The university administration presented her with a copy of the first academic article published by a faculty member of the medical school.
The American ambassador to Israel, David Friedman, recited the “Sheheheyanu,” prayer, which is said on momentous occasions, and remarked that in the Book of Deuteronomy, God tells the Jewish people to choose life. Why life and not wisdom or truth? he asked. Choosing life, he said, means appreciation for the holiness and value of every human being, and the medical school was advancing life itself.
The med school’s 70 students – of 662 applicants, as the administration took pains to mention – are attending class for now in the natural sciences building, because the medical school’s own building on the campus in the West Bank settlement is not finished.
The classroom was strewn with backpacks, water bottles and new white doctors’ smocks, a gift to the students.

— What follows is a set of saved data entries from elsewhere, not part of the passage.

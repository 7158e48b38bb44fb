-- ===== src/Tests/Hints.antt =====
-- Two providers that a link names for a hash, which has one already.
use iroh_content_discovery.Prelude.{ℕ, ℕ_discrete, ◌≡◌, ◌≤◌, List, [], ◌∷◌, arith, length, take}
use iroh_content_discovery.Gateway.Hints.{Hint, add_hints, get_hints}
use iroh_content_discovery.Gateway.Hints.Live.{get_hints-add_hints}
use iroh_content_discovery.Tests.Slots.{slots_of}

abbrev hinted : List (ℕ × List (Hint ℕ_discrete))
hinted = (5, (30, 100) ∷ []) ∷ []

get_hints-add_hints_example :
    let found =
      (get_hints ℕ_discrete
        (slots_of ℕ_discrete)
        (add_hints ℕ_discrete (slots_of ℕ_discrete) hinted 5 (10 ∷ 20 ∷ []) 1000)
        5
        2000).1 in
    (take 2 found ≡ 10 ∷ 20 ∷ []) × (length found ≤ 8)
get_hints-add_hints_example =
    get_hints-add_hints ℕ_discrete (slots_of ℕ_discrete) hinted 5 (10 ∷ 20 ∷ []) 1000 2000
      (omega arith) (omega arith)
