-- ===== src/Tests/Keeper.antt =====
-- The index keeper at concrete times.
use iroh_content_discovery.Prelude.{
  ℕ, ◌<◌, ◌≡◌, inl, refl, true, false, none, some, [], ◌∷◌, arith, ok, err, All, ℕ_discrete,
}
use iroh_content_discovery.Prelude.Sets.{contains}
use iroh_content_discovery.Net.{SocketAddrV4, addr_discrete}
use iroh_content_discovery.Discovery.Keeper.{
  Record, IndexKeeper, Round, due, backing_off, pass, passes, is_live, attempt, next_wake,
  record_live, announce_pass, report,
}
use iroh_content_discovery.Discovery.Keeper.Publish.{
  pass-live, passes_quiet, pass-next, spins_in, pass_spins,
}

program : Unit {0}
unfolding contains addr_discrete ℕ_discrete due backing_off pass passes is_live attempt next_wake
    record_live announce_pass report
program = tt

abbrev index_server : SocketAddrV4
index_server = record { ip = 0xcb007105; port = 60125 }

abbrev home : SocketAddrV4
home = record { ip = 0xcb007107; port = 6881 }

abbrev new_keeper : IndexKeeper
new_keeper = record { record_now = none; servers_now = []; reported = false }

abbrev stored : Round
stored = record {
  active = true;
  address = some home;
  servers = index_server ∷ [];
  now = 1000;
  publication = ok home;
}

-- The address went away and the publication without one failed.
abbrev moved : Round
moved = record stored { address = none; now = 2000; publication = err 2500 }

abbrev back : ℕ → Round
back now = record stored { now = now }

abbrev published_keeper : IndexKeeper
published_keeper = (pass new_keeper none stored).keeper

abbrev published_record : Record
published_record = record {
  public = some home;
  mapping = home;
  at = stored.now;
  servers = stored.servers;
}

published : published_keeper.record_now ≡ some published_record
unfolding program
published = refl

pass-live_example : is_live (pass new_keeper none stored).keeper (some home) 1500000 ≡ true
unfolding program
pass-live_example = pass-live new_keeper none stored 1500000 refl refl (omega arith) (omega arith)

passes_quiet_example :
    All (λ p. p.1 ≡ false) (passes new_keeper (some 2500) (back 3000 ∷ back 32499 ∷ []))
passes_quiet_example =
    passes_quiet new_keeper 2500 (back 3000 ∷ back 32499 ∷ []) (omega arith, (omega arith, tt))

pass-next_example : (t : ℕ) × ((pass published_keeper none moved).next ≡ some t) × (2000 < t)
pass-next_example = pass-next published_keeper none moved refl (omega arith) (inl refl)

moved-due : due (some published_record) moved ≡ true
unfolding program
moved-due = refl

pass_spins_example :
    spins_in
      (pass published_keeper none moved).keeper
      (pass published_keeper none moved).failed
      (back 32500 ∷ back 32501 ∷ back 1000000 ∷ [])
    ≡ 3
pass_spins_example =
    pass_spins published_keeper published_record moved 2500
      (back 32500 ∷ back 32501 ∷ back 1000000 ∷ []) published refl moved-due refl
      (
        (refl, refl, refl, omega arith, omega arith),
        (
          (refl, refl, refl, omega arith, omega arith),
          ((refl, refl, refl, omega arith, omega arith), tt),
        ),
      )

-- The failure of that pass is reached: the state after `moved` is the one that spins.
moved-failed : (pass published_keeper none moved).failed ≡ some 2500
unfolding program
moved-failed = refl

-- An announcement for the stored address goes ahead, one for another address waits.
announces : (announce_pass published_keeper (some home) 5000).1 ≡ true
unfolding program
announces = refl

waits : (announce_pass published_keeper none 5000).1 ≡ false
unfolding program
waits = refl
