-- ===== src/Tests/LookupCache.antt =====
-- The lookup cache over a map that keeps every key, with numbers for records.
use iroh_content_discovery.Prelude.{ℕ, ◌≡◌, refl, none, some, [], ◌∷◌, ℕ_discrete}
use iroh_content_discovery.Prelude.Maps.{lookup}
use iroh_content_discovery.Net.{SocketAddrV4, addr_discrete}
use iroh_content_discovery.Gateway.Lru.{Lru}
use iroh_content_discovery.Tests.Slots.{slots_of}
use iroh_content_discovery.Discovery.LookupCache.{Remembered, cached, remember}

abbrev slots : Lru SocketAddrV4 (Remembered ℕ)
slots = slots_of addr_discrete

abbrev peer : SocketAddrV4
peer = record { ip = 0xcb007107; port = 6881 }

-- A miss is forgotten after thirty seconds, a hit is still there.
miss_forgotten : (cached slots 31000 peer (remember slots 60000 1000 peer [] [])).1 ≡ none
unfolding cached remember lookup addr_discrete ℕ_discrete
miss_forgotten = refl

hit_remembered :
    (cached slots 31000 peer (remember slots 60000 1000 peer (5 ∷ []) [])).1 ≡ some (5 ∷ [])
unfolding cached remember lookup addr_discrete ℕ_discrete
hit_remembered = refl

By the early afternoon, the students had finished a class in histology – the study of cells, tissues and organs. They took the opportunity during a break to get to know one another and talk about housing options.
“The class was interesting,” said Reut, 23, who wants to specialize in either oncology or gynecology. “I recently had to visit hospitals under unfortunate circumstances and I know that I’m interested in patient care.”

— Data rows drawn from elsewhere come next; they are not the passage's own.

-- ===== src/Tests/Pkarr.antt =====
-- A signature scheme that accepts everything, and a publisher with a name.
use iroh_content_discovery.Prelude.{
  ◌++◌, ◌+◌, ℕ, ◌≡◌, ◌≤◌, All, refl, true, none, some, List, [], ◌∷◌, arith, replicate,
  length-replicate,
}
use iroh_content_discovery.Prelude.Bytes
use iroh_content_discovery.Prelude.Bytes.{codes}
use iroh_content_discovery.Prelude.Maps.{remove, lookup}
use iroh_content_discovery.Discovery.Mutable.{pos, MutableItem}
use iroh_content_discovery.Discovery.Pkarr.{
  Signing, encode_signed_packet, decode_signed_packet, new_publisher, edited, set_raw,
  insert_packet, sign_all, sign_entries,
}
use iroh_content_discovery.Discovery.Pkarr.Trip.{decode_signed_packet-encode}
use iroh_content_discovery.Discovery.Pkarr.Rounds.{
  Edit, sets, counted, signed, World, start_world, edit_stored, has_counted, round_ended, signs_at,
  inserts, counts, reads, signs, ends, Leads, stays, goes,
}
use iroh_content_discovery.Discovery.Pkarr.Rounds.Sound.{AreSigned, FallBelow, is_published-covered}
use iroh_content_discovery.Discovery.Client.{bytes_discrete}
use iroh_content_discovery.Discovery.ServerList.{Dns, ResourceRecord}
use iroh_content_discovery.Discovery.Servers.Newest.{Among}
use iroh_content_discovery.Discovery.Pkarr.{
  Publisher, is_hostname, record_name, https_packet, set_https, set_blake3,
}
use iroh_content_discovery.Gateway.Redirect.{newest_verified, target_of, content_hash}
use iroh_content_discovery.Gateway.Redirect.Answer.{IsNewest, newest_verified-IsNewest}
use iroh_content_discovery.Gateway.Redirect.Published.{
  host_of, host_record, content_hash-set_blake3,
}
use iroh_content_discovery.Tests.Crates.{crates, crates-RoundTrips}

abbrev scheme : Signing
scheme = record {
  SigningKey = ℕ;
  public_key = λ key. key ∷ [];
  new_item = λ key value seq. record {
    key = key ∷ [];
    signature = [];
    value = value;
    seq = pos seq;
    salt = none;
  };
  check_signature = λ key message signature. true;
}

abbrev item : MutableItem
item = record {
  key = replicate 32 1;
  signature = replicate 64 2;
  value = codes "packet";
  seq = pos 1700000000000000;
  salt = none;
}

decode_signed_packet-encode_example :
    (packet : List ℕ) × (encode_signed_packet item ≡ some packet)
    × (decode_signed_packet scheme packet ≡ some item)
decode_signed_packet-encode_example =
    decode_signed_packet-encode scheme (replicate 32 1) (replicate 64 2) (codes "packet")
      1700000000000000 (length-replicate {A = ℕ} 32 1) (length-replicate {A = ℕ} 64 2) (omega arith)
      refl

abbrev named : Publisher scheme
named = record (new_publisher scheme) { packets = (9 ∷ [], (9, codes "dns")) ∷ [] }

named-insert_packet :
    insert_packet scheme (new_publisher scheme) 9 (some (codes "dns")) ≡ some named
unfolding insert_packet remove
named-insert_packet = refl

-- A name is set and counts; a round reads the count, signs, and ends.
abbrev one_edit : Edit scheme
one_edit = sets 9 (codes "dns")

abbrev one_stored : World scheme
one_stored = edit_stored scheme (start_world scheme) one_edit named

abbrev waiting : World scheme
waiting = has_counted scheme one_stored 1 []

abbrev reading : World scheme
reading = record waiting { round = counted 1 }

abbrev one_signed : World scheme
one_signed = signs_at scheme reading 1 100

abbrev one_item : MutableItem
one_item = scheme.new_item 9 (codes "dns") 100

one_signed-round : one_signed.round ≡ signed 1 (one_edit ∷ []) (one_item ∷ [])
unfolding sign_all sign_entries
one_signed-round = refl

abbrev published_once : World scheme
published_once = round_ended scheme one_signed 1 (one_edit ∷ []) (one_item ∷ []) true

waits_from : Leads scheme (start_world scheme) waiting
waits_from =
    goes (start_world scheme) one_stored waiting
      (goes (start_world scheme) (start_world scheme) one_stored (stays (start_world scheme))
        (inserts (start_world scheme) 9 (codes "dns") named named-insert_packet))
      (counts one_stored [] [] 1 refl)

waits_for : Leads scheme waiting published_once
waits_for =
    goes waiting one_signed published_once
      (goes waiting reading one_signed
        (goes waiting waiting reading (stays waiting) (reads waiting refl))
        (signs reading 1 100 refl))
      (ends one_signed 1 (one_edit ∷ []) (one_item ∷ []) true one_signed-round)

is_published-covered_example :
    (later : List (Edit scheme)) × (one_edit ∷ [] ≡ later ++ one_edit ∷ [])
    × AreSigned scheme (one_edit ∷ []) (one_item ∷ [])
    × All (λ (e : ℕ × ℕ). e.0 ≤ 1) ((1, 1) ∷ [])
    × FallBelow (published_once.publisher.previous + 1) published_once.sequences
is_published-covered_example =
    is_published-covered scheme waiting published_once waits_from waits_for refl

-- A DNS crate for one record, and the name of a hash under the key 9.
abbrev hash : List ℕ
hash = replicate 32 33

abbrev zone : List ℕ
zone = 73 ∷ [] ++ replicate 20 121

abbrev one_record : Dns
one_record = record {
  parse = λ bytes. some (host_record zone (host_of (crates.z32_encode hash)) ∷ []);
  build = λ records. some (1 ∷ []);
  name = λ text. some text;
  z32_encode = crates.z32_encode;
  show_addr = λ addr. [];
  parse_addr = λ text. none;
}

abbrev blake3_set : Publisher scheme
blake3_set = edited scheme (record (new_publisher scheme) { packets = (9 ∷ [], (9, 1 ∷ [])) ∷ [] })

program : Unit {0}
unfolding set_blake3 set_https set_raw insert_packet https_packet record_name is_hostname remove
    replicate Bytes.strip_suffix Bytes.bytes_eq Bytes.starts_with Bytes.split Bytes.contains_byte
program = tt

blake3_set-is : set_blake3 one_record scheme (new_publisher scheme) 9 hash ≡ some blake3_set
unfolding program
blake3_set-is = refl

content_hash-set_blake3_example :
    (bytes : List ℕ) × (records : List ResourceRecord) × (host : List ℕ) × (lookup bytes_discrete
        (9 ∷ [])
        blake3_set.packets
      ≡ some (9, bytes))
    × (one_record.parse bytes ≡ some records)
    × (target_of zone records ≡ some host)
    × (content_hash crates host ≡ some hash)
content_hash-set_blake3_example =
    content_hash-set_blake3 one_record scheme (new_publisher scheme) blake3_set 9 crates hash
      (λ bytes e. refl) crates-RoundTrips (length-replicate {A = ℕ} 32 33) refl refl refl
      blake3_set-is

-- The older answer comes last.
newest_verified-IsNewest_example :
    IsNewest
      (1 ∷ [])
      (λ i. Among i (scheme.new_item 1 [] 5 ∷ scheme.new_item 1 [] 3 ∷ []))
      (newest_verified (1 ∷ []) (scheme.new_item 1 [] 5 ∷ scheme.new_item 1 [] 3 ∷ []))
newest_verified-IsNewest_example =
    newest_verified-IsNewest (1 ∷ []) (scheme.new_item 1 [] 5) (scheme.new_item 1 [] 3 ∷ [])
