-- ===== src/Tests/Proto.antt =====
-- The framing of udp-addr-index-proto at concrete messages.
use iroh_content_discovery.Prelude.{
  ℕ, ◌≡◌, ◌≤◌, refl, none, some, List, [], ◌∷◌, ◌++◌, arith, length, replicate, take, drop,
}
use iroh_content_discovery.Net.{SocketAddrV4}
use iroh_content_discovery.Proto.{encode, decode, magic}
use iroh_content_discovery.Proto.Messages.{Proto, RequestV1}
use iroh_content_discovery.Proto.Framing.{decode-encode, encode_bounded}
use iroh_content_discovery.Proto.Amplification.{
  request, decode-IsFramed, encode-le_of_Answers, to_get, IsFramed,
}
use iroh_content_discovery.Tests.Postcard.{postcard, to_slice, from_bytes}

program : Unit {0}
unfolding encode decode to_slice from_bytes replicate take drop
program = tt

abbrev addr : SocketAddrV4
addr = record { ip = 0xcb007101; port = 1234 }

abbrev get_message : Proto
get_message = request (RequestV1.get 7 addr)

abbrev get_datagram : List ℕ
get_datagram = magic ++ (0 ∷ 0 ∷ 2 ∷ 7 ∷ 0xcb007101 ∷ 0 ∷ 0 ∷ 0 ∷ 1234 ∷ replicate 1183 0)

get_encoded : encode postcard get_message ≡ some get_datagram
unfolding program
get_encoded = refl

-- A get request that is not padded is dropped.
unpadded : decode postcard (magic ++ (0 ∷ 0 ∷ 2 ∷ 7 ∷ 0xcb007101 ∷ 0 ∷ 0 ∷ 0 ∷ 1234 ∷ [])) ≡ none
unfolding program
unpadded = refl

decode-encode_example : decode postcard get_datagram ≡ some get_message
decode-encode_example = decode-encode postcard get_message get_datagram (omega arith) get_encoded

encode_bounded_example :
    (bs : List ℕ) × (encode postcard get_message ≡ some bs) × (length bs ≤ 1200)
encode_bounded_example = encode_bounded postcard get_message (omega arith) tt

decode-IsFramed_example : IsFramed postcard get_message get_datagram
decode-IsFramed_example =
    (decode-IsFramed postcard get_datagram get_message decode-encode_example).0

abbrev reply : List ℕ
reply = magic ++ (1 ∷ 0 ∷ 2 ∷ 7 ∷ 0xcb007101 ∷ 0 ∷ 0 ∷ 0 ∷ 1234 ∷ 1 ∷ 2 ∷ 5 ∷ 6 ∷ [])

encode-le_of_Answers_example : length reply ≤ length get_datagram
unfolding program
encode-le_of_Answers_example =
    encode-le_of_Answers postcard get_datagram reply (to_get 7 addr (some (5 ∷ 6 ∷ [])))
      decode-encode_example (omega arith) refl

“I would have gone to study there even if the department had opened in Gaza,” joked Zahavit, a 30-year-old student, who has a bachelor’s degree in medical sciences from Tel Aviv University. She appeared rather satisfied so far.
Her friend Na’ama said Ariel was her first choice. “They said it would be a fun experience. The people are nice and it’s beautiful here.”
Na’ama and Zahavit are still living in Tel Aviv, but it’s clear to them that they will have to find an apartment in Ariel, because, as they put it, the schedule barely leaves them time to breathe.
There was a lot of tension over the summer, Zahavit said, expressing regret that the medical school couldn’t open last year, as the Ariel University administration had originally planned. “Many of us could have started last year,” she remarked.
The influence of Yigal Cohen-Orgad, Ariel University’s chancellor until his death two months ago, could be felt throughout the festive opening ceremony. He was mentioned frequently in both casual conversation and speeches.
Projecting a different image
Journalists were not officially invited to the medical school opening because university officials were concerned that there might be last-minute glitches, but reporters came in any event. The university is trying to fight its reputation as a “settler” institution and has noted that there are students from all over the country, Jews and Arabs, religious and secular.
A scent of marijuana wafted through the air, and a university source made incidental mention of a survey that a third of the university’s students acknowledged having used such soft drugs. Rather than being embarrassed over the finding, it was seen as evidence of how normal the university was.
Outside the science building, on the lawn, it did indeed appear like a typical first day at a university – with inexpensive beer in disposable cups, a table with gifts to the students from the Student Union, a blood-donation stand and lively music.
The student activity stands were strikingly diverse – including the right-wing group Im Tirzu next to Ofek, which is identified with the Labor Party, and the religious studies department alongside an LGBT group.